**Supplied information**

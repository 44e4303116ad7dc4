-- ===== src/Turn/Invariant/Segment.antt =====
-- The invariant through the handlers of VAD segments
-- (crates/speech-core-daemon/src/detectors/turn.rs).
use speech_core.Base.{
  ℕ, ◌-◌, Bool, true, false, ◌&&◌, not, String, Option, none, some, List, ◌≡◌, refl, ltb,
  if◌then◌else◌,
}
use speech_core.Turn.Config.{TurnManagerConfig, ms_to_samples}
use speech_core.Turn.Signals.{VadSegmentStart, VadSegmentEnd, ModelDrainHandle}
use speech_core.Turn.Events.{Event}
use speech_core.Turn.Local.{Env, Local, return, OpenTurn, SemanticDecisionState}
use speech_core.Turn.Close.{CloseChoice, turn_start_or}
use speech_core.Turn.Handlers.Shared.{is_stale, hold_anchor, hold_fires}
use speech_core.Turn.Handlers.Segment.{
  on_vad_segment_start, segment_hold, vad_choice, close_by_choice, semantic_incomplete,
  semantic_gate, decides, vad_too_short, vad_end_close, live_segment_end, on_vad_segment_end,
}
use speech_core.Turn.Post.{Post, good, Post-continue, Post-if}
use speech_core.Turn.Invariant.{Inv, Open}
use speech_core.Turn.Invariant.Session.{Inv-session, Open-session, write-Inv, write-Open}
use speech_core.Turn.Invariant.Shared.{
  turn_id_or_next-Open, ensure_turn-SomeOpen, aligned_close-Inv,
}

-- A turn may go without a close: it was started, and counts no further.
dropped :
    {key : String} {base : List Event} {l : Local} (b : Bool)
    → Inv key base l
    → Inv key base (record l {
      session = record (l.session) { open_turn = if b then none else l.session.open_turn };
    })
dropped true i = record {
  counted = record {
    named = i.counted.named;
    indexed = i.counted.indexed;
    bounded = i.counted.bounded;
    closed_started = i.counted.closed_started;
    latest = tt;
  };
  ordered = i.ordered;
  grown = i.grown;
}
dropped false i = i

module _ ⦃env : Env⦄ {key : String} {base : List Event} where
  pub on_vad_segment_start-Inv :
      (s : VadSegmentStart) (l : Local)
      → Inv key base l
      → Post (Inv key base) (Inv key base) (on_vad_segment_start s l)
  unfolding on_vad_segment_start
  on_vad_segment_start-Inv s l i =
      Post-continue (ensure_turn-SomeOpen s.ids.stream_session_id s.start_sample "vad" l i)
        λ _ l1 o1.
          Post-continue
            (write-Inv _ _ (λ h. h) (Inv-session _ (refl, refl, refl, refl, refl) o1.1.inv))
            λ _ l2 i2. good _ l2 i2

  -- The turn stays open, whatever the gate chooses.
  segment_hold-Open :
      (s : VadSegmentEnd) (turn_id : String) (d : SemanticDecisionState) (anchor : ℕ)
      {turn : OpenTurn} (l : Local)
      → Open key base turn l
      → Post (Inv key base) (Open key base turn) (segment_hold s turn_id d anchor l)
  unfolding segment_hold
  segment_hold-Open s turn_id d anchor l o =
      Post-continue (write-Open _ _ (λ h. h) (Open-session _ (refl, refl, refl, refl, refl) o))
        λ _ l1 o1. good _ l1 o1

  semantic_incomplete-Open :
      (config : TurnManagerConfig) (s : VadSegmentEnd) (turn_id : String)
      (d : SemanticDecisionState) {turn : OpenTurn} (l : Local)
      → Open key base turn l
      → Post (Inv key base) (Open key base turn) (semantic_incomplete config s turn_id d l)
  unfolding semantic_incomplete
  semantic_incomplete-Open config s turn_id d l o =
      Post-continue (write-Open _ _ (λ h. h) o) λ _ l1 o1.
        let threshold = ms_to_samples config.human_hold_silence_ms in
        let anchor =
          hold_anchor s.ids.stream_session_id (turn_start_or l1.session.open_turn s.start_sample)
            l1 in
        Post-if
          (ltb 0 threshold
            && hold_fires s.decision_sample anchor threshold
                l1.session.last_human_hold_token_anchor)
          _ _ l1 (λ _. segment_hold-Open s turn_id d anchor l1 o1) (λ _. good _ l1 o1)

  semantic_gate-Open :
      (config : TurnManagerConfig) (s : VadSegmentEnd) (turn_id : String)
      (d : Option SemanticDecisionState) {turn : OpenTurn} (l : Local)
      → Open key base turn l
      → Post (Inv key base) (Open key base turn) (semantic_gate config s turn_id d l)
  unfolding semantic_gate
  semantic_gate-Open config s turn_id none l o = good _ l o
  semantic_gate-Open config s turn_id (some d) l o =
      Post-if (decides s d && d.complete) _ _ l (λ _. good _ l o)
        λ _.
          Post-if (decides s d && not d.timed_out) _ _ l
            (λ _. semantic_incomplete-Open config s turn_id d l o)
            λ _. Post-if (decides s d && d.timed_out) _ _ l (λ _. good _ l o) λ _. good _ l o

  vad_too_short-Inv :
      (config : TurnManagerConfig) (s : VadSegmentEnd) (l : Local)
      → Inv key base l
      → Post (Inv key base) (Inv key base) (vad_too_short config s l)
  unfolding vad_too_short
  vad_too_short-Inv config s l i =
      Post-continue (write-Inv _ _ (λ h. h) i) λ _ l1 i1. good _ _ (dropped _ i1)

  vad_end_close-Inv :
      (config : TurnManagerConfig) (drain : Option ModelDrainHandle) (s : VadSegmentEnd)
      (turn_id : String) {turn : OpenTurn} (l : Local)
      → Open key base turn l
      → turn_id ≡ turn.turn_id
      → Post (Inv key base) (Inv key base) (vad_end_close config drain s turn_id l)
  unfolding vad_end_close
  vad_end_close-Inv config drain s turn_id {turn} l o e = Post-continue chosen finish
    where
      chosen : Post (Inv key base) (Open key base turn) (
          (if config.semantic_gate_enabled && config.semantic_gate_close_enabled
              then semantic_gate config s turn_id l.session.last_semantic_decision
              else return (some (vad_choice s "vad_speech_end")))
            l)
      chosen =
          Post-if (config.semantic_gate_enabled && config.semantic_gate_close_enabled) _ _ l
            (λ _. semantic_gate-Open config s turn_id l.session.last_semantic_decision l o)
            (λ _. good _ l o)

      finish :
          (choice : Option CloseChoice) (m : Local)
          → Open key base turn m
          → Post (Inv key base) (Inv key base) (close_by_choice config drain s turn_id choice m)
      finish none m om = good _ m om.inv
      finish (some c) m om =
          Post-if config.vad_close_enabled _ _ m
            (λ _.
              aligned_close-Inv config drain s.ids turn_id c s.end_sample s.decision_sample
                s.start_sample m om e)
            (λ _. good _ m om.inv)

  pub on_vad_segment_end-Inv :
      (config : TurnManagerConfig) (drain : Option ModelDrainHandle) (s : VadSegmentEnd) (l : Local)
      → Inv key base l
      → Post (Inv key base) (Inv key base) (on_vad_segment_end config drain s l)
  unfolding on_vad_segment_end live_segment_end
  on_vad_segment_end-Inv config drain s l i =
      Post-if (is_stale s.decision_sample l.session) _ _ l (λ _. good _ l i)
        λ _.
          Post-continue (ensure_turn-SomeOpen s.ids.stream_session_id s.start_sample "vad" l i)
            λ _ l1 o1.
              let o = Open-session _ (refl, refl, refl, refl, refl) o1.1 in
              Post-continue (write-Open _ _ (λ h. h) o) λ _ l2 o2.
                Post-if
                  (ltb (s.end_sample - s.start_sample) (ms_to_samples config.min_vad_speech_ms)) _ _
                  l2 (λ _. vad_too_short-Inv config s l2 o2.inv)
                  (λ _. vad_end_close-Inv config drain s _ l2 o2 (turn_id_or_next-Open o))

**What this task involves**
Please copy out each record, character for character.

**Task result**
repository 44e4303116ad7dc4
-- ===== src/Turn/Invariant/Segment.antt =====
-- The invariant through the handlers of VAD segments
-- (crates/speech-core-daemon/src/detectors/turn.rs).
use speech_core.Base.{
  ℕ, ◌-◌, Bool, true, false, ◌&&◌, not, String, Option, none, some, List, ◌≡◌, refl, ltb,
  if◌then◌else◌,
}
use speech_core.Turn.Config.{TurnManagerConfig, ms_to_samples}
use speech_core.Turn.Signals.{VadSegmentStart, VadSegmentEnd, ModelDrainHandle}
use speech_core.Turn.Events.{Event}
use speech_core.Turn.Local.{Env, Local, return, OpenTurn, SemanticDecisionState}
use speech_core.Turn.Close.{CloseChoice, turn_start_or}
use speech_core.Turn.Handlers.Shared.{is_stale, hold_anchor, hold_fires}
use speech_core.Turn.Handlers.Segment.{
  on_vad_segment_start, segment_hold, vad_choice, close_by_choice, semantic_incomplete,
  semantic_gate, decides, vad_too_short, vad_end_close, live_segment_end, on_vad_segment_end,
}
use speech_core.Turn.Post.{Post, good, Post-continue, Post-if}
use speech_core.Turn.Invariant.{Inv, Open}
use speech_core.Turn.Invariant.Session.{Inv-session, Open-session, write-Inv, write-Open}
use speech_core.Turn.Invariant.Shared.{
  turn_id_or_next-Open, ensure_turn-SomeOpen, aligned_close-Inv,
}

-- A turn may go without a close: it was started, and counts no further.
dropped :
    {key : String} {base : List Event} {l : Local} (b : Bool)
    → Inv key base l
    → Inv key base (record l {
      session = record (l.session) { open_turn = if b then none else l.session.open_turn };
    })
dropped true i = record {
  counted = record {
    named = i.counted.named;
    indexed = i.counted.indexed;
    bounded = i.counted.bounded;
    closed_started = i.counted.closed_started;
    latest = tt;
  };
  ordered = i.ordered;
  grown = i.grown;
}
dropped false i = i

module _ ⦃env : Env⦄ {key : String} {base : List Event} where
  pub on_vad_segment_start-Inv :
      (s : VadSegmentStart) (l : Local)
      → Inv key base l
      → Post (Inv key base) (Inv key base) (on_vad_segment_start s l)
  unfolding on_vad_segment_start
  on_vad_segment_start-Inv s l i =
      Post-continue (ensure_turn-SomeOpen s.ids.stream_session_id s.start_sample "vad" l i)
        λ _ l1 o1.
          Post-continue
            (write-Inv _ _ (λ h. h) (Inv-session _ (refl, refl, refl, refl, refl) o1.1.inv))
            λ _ l2 i2. good _ l2 i2

  -- The turn stays open, whatever the gate chooses.
  segment_hold-Open :
      (s : VadSegmentEnd) (turn_id : String) (d : SemanticDecisionState) (anchor : ℕ)
      {turn : OpenTurn} (l : Local)
      → Open key base turn l
      → Post (Inv key base) (Open key base turn) (segment_hold s turn_id d anchor l)
  unfolding segment_hold
  segment_hold-Open s turn_id d anchor l o =
      Post-continue (write-Open _ _ (λ h. h) (Open-session _ (refl, refl, refl, refl, refl) o))
        λ _ l1 o1. good _ l1 o1

  semantic_incomplete-Open :
      (config : TurnManagerConfig) (s : VadSegmentEnd) (turn_id : String)
      (d : SemanticDecisionState) {turn : OpenTurn} (l : Local)
      → Open key base turn l
      → Post (Inv key base) (Open key base turn) (semantic_incomplete config s turn_id d l)
  unfolding semantic_incomplete
  semantic_incomplete-Open config s turn_id d l o =
      Post-continue (write-Open _ _ (λ h. h) o) λ _ l1 o1.
        let threshold = ms_to_samples config.human_hold_silence_ms in
        let anchor =
          hold_anchor s.ids.stream_session_id (turn_start_or l1.session.open_turn s.start_sample)
            l1 in
        Post-if
          (ltb 0 threshold
            && hold_fires s.decision_sample anchor threshold
                l1.session.last_human_hold_token_anchor)
          _ _ l1 (λ _. segment_hold-Open s turn_id d anchor l1 o1) (λ _. good _ l1 o1)

  semantic_gate-Open :
      (config : TurnManagerConfig) (s : VadSegmentEnd) (turn_id : String)
      (d : Option SemanticDecisionState) {turn : OpenTurn} (l : Local)
      → Open key base turn l
      → Post (Inv key base) (Open key base turn) (semantic_gate config s turn_id d l)
  unfolding semantic_gate
  semantic_gate-Open config s turn_id none l o = good _ l o
  semantic_gate-Open config s turn_id (some d) l o =
      Post-if (decides s d && d.complete) _ _ l (λ _. good _ l o)
        λ _.
          Post-if (decides s d && not d.timed_out) _ _ l
            (λ _. semantic_incomplete-Open config s turn_id d l o)
            λ _. Post-if (decides s d && d.timed_out) _ _ l (λ _. good _ l o) λ _. good _ l o

  vad_too_short-Inv :
      (config : TurnManagerConfig) (s : VadSegmentEnd) (l : Local)
      → Inv key base l
      → Post (Inv key base) (Inv key base) (vad_too_short config s l)
  unfolding vad_too_short
  vad_too_short-Inv config s l i =
      Post-continue (write-Inv _ _ (λ h. h) i) λ _ l1 i1. good _ _ (dropped _ i1)

  vad_end_close-Inv :
      (config : TurnManagerConfig) (drain : Option ModelDrainHandle) (s : VadSegmentEnd)
      (turn_id : String) {turn : OpenTurn} (l : Local)
      → Open key base turn l
      → turn_id ≡ turn.turn_id
      → Post (Inv key base) (Inv key base) (vad_end_close config drain s turn_id l)
  unfolding vad_end_close
  vad_end_close-Inv config drain s turn_id {turn} l o e = Post-continue chosen finish
    where
      chosen : Post (Inv key base) (Open key base turn) (
          (if config.semantic_gate_enabled && config.semantic_gate_close_enabled
              then semantic_gate config s turn_id l.session.last_semantic_decision
              else return (some (vad_choice s "vad_speech_end")))
            l)
      chosen =
          Post-if (config.semantic_gate_enabled && config.semantic_gate_close_enabled) _ _ l
            (λ _. semantic_gate-Open config s turn_id l.session.last_semantic_decision l o)
            (λ _. good _ l o)

      finish :
          (choice : Option CloseChoice) (m : Local)
          → Open key base turn m
          → Post (Inv key base) (Inv key base) (close_by_choice config drain s turn_id choice m)
      finish none m om = good _ m om.inv
      finish (some c) m om =
          Post-if config.vad_close_enabled _ _ m
            (λ _.
              aligned_close-Inv config drain s.ids turn_id c s.end_sample s.decision_sample
                s.start_sample m om e)
            (λ _. good _ m om.inv)

  pub on_vad_segment_end-Inv :
      (config : TurnManagerConfig) (drain : Option ModelDrainHandle) (s : VadSegmentEnd) (l : Local)
      → Inv key base l
      → Post (Inv key base) (Inv key base) (on_vad_segment_end config drain s l)
  unfolding on_vad_segment_end live_segment_end
  on_vad_segment_end-Inv config drain s l i =
      Post-if (is_stale s.decision_sample l.session) _ _ l (λ _. good _ l i)
        λ _.
          Post-continue (ensure_turn-SomeOpen s.ids.stream_session_id s.start_sample "vad" l i)
            λ _ l1 o1.
              let o = Open-session _ (refl, refl, refl, refl, refl) o1.1 in
              Post-continue (write-Open _ _ (λ h. h) o) λ _ l2 o2.
                Post-if
                  (ltb (s.end_sample - s.start_sample) (ms_to_samples config.min_vad_speech_ms)) _ _
                  l2 (λ _. vad_too_short-Inv config s l2 o2.inv)
                  (λ _. vad_end_close-Inv config drain s _ l2 o2 (turn_id_or_next-Open o))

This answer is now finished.